» ASSIGNMENT
The tail of the records, from the line containing "A → Option B)" through the final line, should be printed exactly and on its own.

━━━ ENTRIES SUPPLIED

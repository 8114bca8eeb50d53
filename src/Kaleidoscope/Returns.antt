-- ===== src/Kaleidoscope/Returns.antt =====
-- A run on fuel that returns, and what its result satisfies.
use communicate_between_proc.Prelude.{◌≡◌, refl, Bool, true, false, Option, none, some}

-- The run did not use up its fuel, and `P` holds of its result.
pub data Returns {A : Type 0} (P : A → Type 0) : Option A → Type 0 where
  returns : {a : A} → P a → Returns P (some a)

pub Returns-some :
    {A : Type 0} {P : A → Type 0} {r : Option A} → Returns P r → (a : A) × (r ≡ some a) × P a
Returns-some (returns {a} h) = (a, refl, h)

pub Returns-map :
    {A : Type 0} {P Q : A → Type 0} {r : Option A}
    → Returns P r
    → ((a : A) → P a → Q a)
    → Returns Q r
Returns-map (returns {a} h) k = returns (k a h)

pub Returns-test :
    {A : Type 0} {P : A → Type 0} (b : Bool) (x y : Option A)
    → (b ≡ true → Returns P x)
    → (b ≡ false → Returns P y)
    → Returns P (elim b as (λ _. Option A) [ true ↦ x | false ↦ y ])
Returns-test true x y h k = h refl
Returns-test false x y h k = k refl

pub Returns-found :
    {A B : Type 0} {P : A → Type 0} (o : Option B) (x : Option A) (y : B → Option A)
    → Returns P x
    → ((b : B) → Returns P (y b))
    → Returns P (elim o as (λ _. Option A) [ none ↦ x | some b ↦ y b ])
Returns-found none x y h k = h
Returns-found (some b) x y h k = k b

pub Returns-step :
    {A B : Type 0} {P : A → Type 0} {Q : B → Type 0} {r : Option A} (k : A → Option B)
    → Returns P r
    → ((a : A) → P a → Returns Q (k a))
    → Returns Q (elim r as (λ _. Option B) [ none ↦ none | some a ↦ k a ])
Returns-step k (returns {a} h) next = next a h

━━━━━━

» SOLUTION TO THIS TASK
    {A B : Type 0} {P : A → Type 0} {Q : B → Type 0} {r : Option A} (k : A → Option B)
    → Returns P r
    → ((a : A) → P a → Returns Q (k a))
    → Returns Q (elim r as (λ _. Option B) [ none ↦ none | some a ↦ k a ])
Returns-step k (returns {a} h) next = next a h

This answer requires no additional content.